DATA FOR PROCESSING:

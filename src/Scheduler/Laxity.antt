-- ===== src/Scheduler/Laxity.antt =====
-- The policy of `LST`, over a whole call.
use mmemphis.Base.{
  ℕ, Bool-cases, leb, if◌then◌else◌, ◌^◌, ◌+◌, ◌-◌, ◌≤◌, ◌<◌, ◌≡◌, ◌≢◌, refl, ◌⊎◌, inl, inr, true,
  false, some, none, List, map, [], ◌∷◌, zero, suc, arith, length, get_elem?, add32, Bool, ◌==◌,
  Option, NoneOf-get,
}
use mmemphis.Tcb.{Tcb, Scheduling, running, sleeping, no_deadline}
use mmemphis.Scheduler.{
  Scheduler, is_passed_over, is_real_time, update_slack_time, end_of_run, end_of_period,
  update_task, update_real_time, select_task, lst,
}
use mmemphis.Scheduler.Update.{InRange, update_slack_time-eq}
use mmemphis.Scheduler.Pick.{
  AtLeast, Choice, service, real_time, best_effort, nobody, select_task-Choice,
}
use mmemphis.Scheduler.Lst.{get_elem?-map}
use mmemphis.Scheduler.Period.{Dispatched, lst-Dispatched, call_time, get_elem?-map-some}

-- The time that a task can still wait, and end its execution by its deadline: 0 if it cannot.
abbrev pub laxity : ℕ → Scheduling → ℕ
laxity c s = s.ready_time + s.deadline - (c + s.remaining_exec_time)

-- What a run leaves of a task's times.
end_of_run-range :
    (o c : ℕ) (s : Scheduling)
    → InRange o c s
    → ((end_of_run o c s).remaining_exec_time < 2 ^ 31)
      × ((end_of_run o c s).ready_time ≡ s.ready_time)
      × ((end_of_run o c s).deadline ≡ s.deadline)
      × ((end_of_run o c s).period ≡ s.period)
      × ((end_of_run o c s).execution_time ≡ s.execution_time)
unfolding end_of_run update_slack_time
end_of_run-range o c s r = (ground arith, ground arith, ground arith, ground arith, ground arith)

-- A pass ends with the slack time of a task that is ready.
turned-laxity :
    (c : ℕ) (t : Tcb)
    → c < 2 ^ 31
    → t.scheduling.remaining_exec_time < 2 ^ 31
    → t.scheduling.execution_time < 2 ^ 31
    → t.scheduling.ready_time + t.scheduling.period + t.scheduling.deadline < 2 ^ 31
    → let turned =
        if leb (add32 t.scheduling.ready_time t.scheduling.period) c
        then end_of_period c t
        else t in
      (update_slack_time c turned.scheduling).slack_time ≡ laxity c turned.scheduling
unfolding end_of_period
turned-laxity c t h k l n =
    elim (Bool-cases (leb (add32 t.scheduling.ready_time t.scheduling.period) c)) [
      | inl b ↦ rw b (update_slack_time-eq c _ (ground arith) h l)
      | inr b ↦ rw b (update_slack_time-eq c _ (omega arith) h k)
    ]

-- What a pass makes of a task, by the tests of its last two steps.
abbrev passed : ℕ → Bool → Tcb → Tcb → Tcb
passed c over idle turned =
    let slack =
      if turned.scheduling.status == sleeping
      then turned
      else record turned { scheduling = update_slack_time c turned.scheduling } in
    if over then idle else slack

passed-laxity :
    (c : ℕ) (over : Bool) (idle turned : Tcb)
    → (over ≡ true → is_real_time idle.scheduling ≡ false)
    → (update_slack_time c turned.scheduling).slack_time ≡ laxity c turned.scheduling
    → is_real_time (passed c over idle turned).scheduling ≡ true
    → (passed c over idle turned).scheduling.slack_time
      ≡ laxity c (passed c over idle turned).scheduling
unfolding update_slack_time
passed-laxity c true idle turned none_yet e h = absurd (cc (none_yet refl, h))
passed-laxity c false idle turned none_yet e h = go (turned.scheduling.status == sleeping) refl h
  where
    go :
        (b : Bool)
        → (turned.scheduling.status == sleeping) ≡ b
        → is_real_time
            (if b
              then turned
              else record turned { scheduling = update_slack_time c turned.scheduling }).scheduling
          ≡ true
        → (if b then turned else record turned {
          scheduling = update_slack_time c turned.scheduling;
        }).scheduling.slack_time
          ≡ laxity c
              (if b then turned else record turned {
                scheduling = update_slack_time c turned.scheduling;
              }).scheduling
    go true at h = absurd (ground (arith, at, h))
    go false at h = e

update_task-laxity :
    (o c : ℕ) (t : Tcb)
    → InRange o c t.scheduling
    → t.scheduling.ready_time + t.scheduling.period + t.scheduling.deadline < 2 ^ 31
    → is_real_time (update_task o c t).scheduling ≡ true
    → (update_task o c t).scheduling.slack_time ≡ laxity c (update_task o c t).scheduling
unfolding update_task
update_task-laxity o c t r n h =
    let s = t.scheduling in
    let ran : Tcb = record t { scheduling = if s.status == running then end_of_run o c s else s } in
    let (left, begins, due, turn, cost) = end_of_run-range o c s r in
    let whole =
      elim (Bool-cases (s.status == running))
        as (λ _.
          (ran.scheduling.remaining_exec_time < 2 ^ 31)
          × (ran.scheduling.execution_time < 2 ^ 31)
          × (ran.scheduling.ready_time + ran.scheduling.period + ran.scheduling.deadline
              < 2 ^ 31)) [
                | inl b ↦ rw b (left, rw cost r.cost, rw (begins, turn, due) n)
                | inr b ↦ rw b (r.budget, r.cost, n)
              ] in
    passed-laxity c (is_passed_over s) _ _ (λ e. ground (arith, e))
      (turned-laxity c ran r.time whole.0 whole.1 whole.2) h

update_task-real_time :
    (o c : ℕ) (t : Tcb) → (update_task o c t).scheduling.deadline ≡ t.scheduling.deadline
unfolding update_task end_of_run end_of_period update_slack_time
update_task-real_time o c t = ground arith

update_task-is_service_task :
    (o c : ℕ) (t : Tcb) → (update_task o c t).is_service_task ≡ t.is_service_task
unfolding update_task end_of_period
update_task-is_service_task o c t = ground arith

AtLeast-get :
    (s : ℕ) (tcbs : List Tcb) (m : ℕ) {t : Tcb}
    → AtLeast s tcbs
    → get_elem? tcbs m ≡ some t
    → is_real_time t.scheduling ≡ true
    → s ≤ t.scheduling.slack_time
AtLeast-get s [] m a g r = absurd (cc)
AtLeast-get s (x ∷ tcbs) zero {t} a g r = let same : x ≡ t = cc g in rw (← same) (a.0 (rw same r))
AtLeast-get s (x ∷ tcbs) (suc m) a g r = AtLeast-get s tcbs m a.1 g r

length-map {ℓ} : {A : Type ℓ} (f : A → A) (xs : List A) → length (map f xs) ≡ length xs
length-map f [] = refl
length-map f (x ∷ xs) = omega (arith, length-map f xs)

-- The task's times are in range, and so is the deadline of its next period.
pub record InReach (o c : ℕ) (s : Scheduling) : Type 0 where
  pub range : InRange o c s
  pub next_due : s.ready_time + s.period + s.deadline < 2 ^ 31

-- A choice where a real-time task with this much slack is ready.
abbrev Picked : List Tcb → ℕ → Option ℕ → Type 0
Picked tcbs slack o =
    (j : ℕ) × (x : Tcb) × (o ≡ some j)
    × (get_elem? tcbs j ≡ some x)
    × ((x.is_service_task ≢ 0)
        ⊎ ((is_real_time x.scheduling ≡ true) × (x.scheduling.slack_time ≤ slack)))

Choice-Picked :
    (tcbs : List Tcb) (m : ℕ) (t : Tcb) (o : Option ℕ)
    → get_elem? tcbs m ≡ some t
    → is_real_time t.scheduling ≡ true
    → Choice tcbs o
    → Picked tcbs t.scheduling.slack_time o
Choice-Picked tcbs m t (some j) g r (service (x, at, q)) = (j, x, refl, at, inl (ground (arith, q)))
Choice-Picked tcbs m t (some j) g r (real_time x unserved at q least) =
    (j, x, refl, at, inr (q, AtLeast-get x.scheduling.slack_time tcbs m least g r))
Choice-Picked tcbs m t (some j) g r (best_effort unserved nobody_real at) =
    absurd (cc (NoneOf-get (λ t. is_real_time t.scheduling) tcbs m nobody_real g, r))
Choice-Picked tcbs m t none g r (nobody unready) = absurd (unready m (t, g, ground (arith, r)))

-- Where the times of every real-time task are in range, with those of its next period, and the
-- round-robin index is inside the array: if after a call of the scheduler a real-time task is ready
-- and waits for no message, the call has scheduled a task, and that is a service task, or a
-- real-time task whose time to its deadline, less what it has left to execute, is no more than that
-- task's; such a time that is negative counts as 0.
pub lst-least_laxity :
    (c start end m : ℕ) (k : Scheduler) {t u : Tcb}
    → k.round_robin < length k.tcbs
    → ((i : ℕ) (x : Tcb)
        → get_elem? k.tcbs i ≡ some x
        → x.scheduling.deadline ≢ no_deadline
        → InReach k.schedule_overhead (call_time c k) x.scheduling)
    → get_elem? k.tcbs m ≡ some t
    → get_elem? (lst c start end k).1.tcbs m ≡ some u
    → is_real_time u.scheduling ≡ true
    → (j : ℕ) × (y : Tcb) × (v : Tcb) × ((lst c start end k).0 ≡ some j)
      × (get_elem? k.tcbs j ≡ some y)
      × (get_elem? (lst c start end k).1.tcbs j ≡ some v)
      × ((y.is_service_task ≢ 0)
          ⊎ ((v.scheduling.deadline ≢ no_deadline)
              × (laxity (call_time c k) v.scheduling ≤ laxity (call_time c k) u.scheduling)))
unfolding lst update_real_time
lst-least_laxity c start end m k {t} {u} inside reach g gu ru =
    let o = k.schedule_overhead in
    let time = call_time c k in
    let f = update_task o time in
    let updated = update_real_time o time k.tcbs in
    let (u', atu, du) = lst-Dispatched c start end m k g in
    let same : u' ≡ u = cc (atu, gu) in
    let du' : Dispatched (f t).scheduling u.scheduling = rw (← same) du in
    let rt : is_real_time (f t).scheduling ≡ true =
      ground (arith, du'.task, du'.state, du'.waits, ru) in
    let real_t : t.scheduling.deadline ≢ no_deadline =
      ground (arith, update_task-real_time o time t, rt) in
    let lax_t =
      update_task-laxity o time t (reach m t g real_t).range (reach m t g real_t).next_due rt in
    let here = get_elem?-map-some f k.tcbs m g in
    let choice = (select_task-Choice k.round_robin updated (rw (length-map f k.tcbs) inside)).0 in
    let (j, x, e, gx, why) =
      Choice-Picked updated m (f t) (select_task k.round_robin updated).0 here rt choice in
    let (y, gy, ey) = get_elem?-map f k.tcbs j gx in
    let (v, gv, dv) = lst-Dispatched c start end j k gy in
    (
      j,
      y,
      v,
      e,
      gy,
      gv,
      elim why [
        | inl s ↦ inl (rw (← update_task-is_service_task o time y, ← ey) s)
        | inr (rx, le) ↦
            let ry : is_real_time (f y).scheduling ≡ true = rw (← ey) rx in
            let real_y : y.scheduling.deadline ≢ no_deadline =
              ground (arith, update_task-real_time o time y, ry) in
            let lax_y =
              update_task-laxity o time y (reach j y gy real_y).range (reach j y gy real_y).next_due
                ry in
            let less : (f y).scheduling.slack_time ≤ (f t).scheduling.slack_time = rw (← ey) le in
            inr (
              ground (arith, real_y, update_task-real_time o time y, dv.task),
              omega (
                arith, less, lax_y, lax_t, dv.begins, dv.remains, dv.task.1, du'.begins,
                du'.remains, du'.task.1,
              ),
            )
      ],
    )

* * *

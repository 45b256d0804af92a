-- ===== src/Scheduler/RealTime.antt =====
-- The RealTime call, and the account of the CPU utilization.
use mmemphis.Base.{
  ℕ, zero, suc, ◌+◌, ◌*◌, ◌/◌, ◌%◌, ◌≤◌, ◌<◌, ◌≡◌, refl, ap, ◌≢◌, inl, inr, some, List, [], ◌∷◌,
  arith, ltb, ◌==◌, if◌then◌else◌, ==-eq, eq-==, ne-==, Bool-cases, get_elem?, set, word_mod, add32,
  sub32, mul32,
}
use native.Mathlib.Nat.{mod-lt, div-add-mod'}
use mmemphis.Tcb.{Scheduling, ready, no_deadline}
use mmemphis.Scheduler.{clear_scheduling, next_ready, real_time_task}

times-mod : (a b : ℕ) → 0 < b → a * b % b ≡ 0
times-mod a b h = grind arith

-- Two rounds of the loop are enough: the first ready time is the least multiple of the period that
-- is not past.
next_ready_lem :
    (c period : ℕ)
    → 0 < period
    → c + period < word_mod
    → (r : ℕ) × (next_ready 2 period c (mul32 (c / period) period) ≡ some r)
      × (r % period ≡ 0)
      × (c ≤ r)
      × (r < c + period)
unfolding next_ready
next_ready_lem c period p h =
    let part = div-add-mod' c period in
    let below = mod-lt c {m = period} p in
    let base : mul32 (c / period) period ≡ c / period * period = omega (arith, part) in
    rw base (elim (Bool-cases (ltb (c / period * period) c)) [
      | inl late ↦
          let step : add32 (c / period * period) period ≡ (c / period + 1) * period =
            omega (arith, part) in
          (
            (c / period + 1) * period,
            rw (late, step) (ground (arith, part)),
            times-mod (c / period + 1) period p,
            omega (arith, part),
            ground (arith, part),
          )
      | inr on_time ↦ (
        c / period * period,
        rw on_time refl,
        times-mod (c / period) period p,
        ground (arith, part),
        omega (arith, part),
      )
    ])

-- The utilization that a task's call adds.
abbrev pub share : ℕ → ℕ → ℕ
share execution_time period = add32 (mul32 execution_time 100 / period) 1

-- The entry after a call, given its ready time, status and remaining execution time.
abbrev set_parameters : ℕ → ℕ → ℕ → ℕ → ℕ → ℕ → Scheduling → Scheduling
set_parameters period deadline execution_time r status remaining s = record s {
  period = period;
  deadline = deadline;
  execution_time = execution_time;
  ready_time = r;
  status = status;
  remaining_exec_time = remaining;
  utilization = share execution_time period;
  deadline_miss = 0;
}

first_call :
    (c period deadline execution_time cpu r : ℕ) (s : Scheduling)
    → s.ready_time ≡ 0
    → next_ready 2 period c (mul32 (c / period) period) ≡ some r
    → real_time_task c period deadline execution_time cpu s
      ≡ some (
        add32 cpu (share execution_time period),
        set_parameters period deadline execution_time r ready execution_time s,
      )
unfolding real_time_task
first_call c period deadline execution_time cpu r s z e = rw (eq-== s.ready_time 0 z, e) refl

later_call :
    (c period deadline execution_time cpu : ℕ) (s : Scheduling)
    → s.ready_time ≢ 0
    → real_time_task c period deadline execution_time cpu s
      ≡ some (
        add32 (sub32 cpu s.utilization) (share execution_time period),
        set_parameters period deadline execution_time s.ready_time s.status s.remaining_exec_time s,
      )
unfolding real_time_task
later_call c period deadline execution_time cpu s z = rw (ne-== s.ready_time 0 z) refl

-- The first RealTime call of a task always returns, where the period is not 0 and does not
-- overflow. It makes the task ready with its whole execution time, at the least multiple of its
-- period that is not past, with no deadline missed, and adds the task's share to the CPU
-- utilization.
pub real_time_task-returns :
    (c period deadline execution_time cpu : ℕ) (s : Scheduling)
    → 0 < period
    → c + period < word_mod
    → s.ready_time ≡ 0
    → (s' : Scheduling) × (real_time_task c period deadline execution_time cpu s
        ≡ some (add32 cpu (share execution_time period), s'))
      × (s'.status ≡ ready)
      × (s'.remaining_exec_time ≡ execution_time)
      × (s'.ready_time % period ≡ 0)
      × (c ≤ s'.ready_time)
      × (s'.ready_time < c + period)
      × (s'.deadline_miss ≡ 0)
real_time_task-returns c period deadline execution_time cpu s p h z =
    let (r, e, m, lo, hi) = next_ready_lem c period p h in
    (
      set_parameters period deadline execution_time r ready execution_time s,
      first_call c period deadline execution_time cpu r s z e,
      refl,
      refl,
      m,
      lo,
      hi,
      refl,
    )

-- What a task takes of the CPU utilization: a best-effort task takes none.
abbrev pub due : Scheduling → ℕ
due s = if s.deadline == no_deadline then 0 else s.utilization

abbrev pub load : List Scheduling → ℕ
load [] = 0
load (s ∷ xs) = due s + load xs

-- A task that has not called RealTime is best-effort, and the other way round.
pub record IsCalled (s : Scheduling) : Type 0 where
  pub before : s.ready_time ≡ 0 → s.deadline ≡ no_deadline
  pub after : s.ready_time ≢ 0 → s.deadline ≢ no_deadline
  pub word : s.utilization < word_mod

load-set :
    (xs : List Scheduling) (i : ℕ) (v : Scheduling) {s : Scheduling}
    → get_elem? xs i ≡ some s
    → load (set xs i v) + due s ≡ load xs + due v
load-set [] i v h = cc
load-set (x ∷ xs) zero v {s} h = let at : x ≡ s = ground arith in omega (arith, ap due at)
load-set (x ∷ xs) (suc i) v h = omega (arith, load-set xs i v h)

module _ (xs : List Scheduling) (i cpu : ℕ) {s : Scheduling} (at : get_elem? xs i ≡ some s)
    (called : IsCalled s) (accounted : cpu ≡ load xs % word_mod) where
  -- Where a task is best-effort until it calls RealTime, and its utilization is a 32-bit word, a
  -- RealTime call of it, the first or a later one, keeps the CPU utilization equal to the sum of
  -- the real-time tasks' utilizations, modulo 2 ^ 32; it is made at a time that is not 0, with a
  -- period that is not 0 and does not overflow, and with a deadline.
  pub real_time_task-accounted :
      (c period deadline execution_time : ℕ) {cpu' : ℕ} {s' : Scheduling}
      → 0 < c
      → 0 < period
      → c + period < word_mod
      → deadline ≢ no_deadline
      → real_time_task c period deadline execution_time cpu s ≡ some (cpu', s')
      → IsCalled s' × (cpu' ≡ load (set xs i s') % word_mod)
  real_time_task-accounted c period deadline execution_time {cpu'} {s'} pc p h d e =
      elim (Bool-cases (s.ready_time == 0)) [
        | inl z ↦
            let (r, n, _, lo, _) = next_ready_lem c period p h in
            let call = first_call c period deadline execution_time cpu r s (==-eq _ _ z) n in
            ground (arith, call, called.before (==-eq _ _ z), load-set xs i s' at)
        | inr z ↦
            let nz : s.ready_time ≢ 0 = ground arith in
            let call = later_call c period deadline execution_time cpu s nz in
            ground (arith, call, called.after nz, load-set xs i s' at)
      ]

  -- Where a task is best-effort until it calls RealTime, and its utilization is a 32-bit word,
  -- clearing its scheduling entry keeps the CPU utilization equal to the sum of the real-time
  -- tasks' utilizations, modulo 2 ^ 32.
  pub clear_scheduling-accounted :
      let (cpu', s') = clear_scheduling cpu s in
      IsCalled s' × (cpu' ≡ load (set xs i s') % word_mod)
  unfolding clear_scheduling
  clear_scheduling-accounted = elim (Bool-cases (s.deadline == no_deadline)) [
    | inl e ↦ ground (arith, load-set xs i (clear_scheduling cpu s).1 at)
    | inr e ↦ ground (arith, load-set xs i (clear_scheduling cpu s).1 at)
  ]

TRY IT: Please tally the lines of the entries that contain the string "NoneOf" and reply with the count alone.

TASK RESULT: 2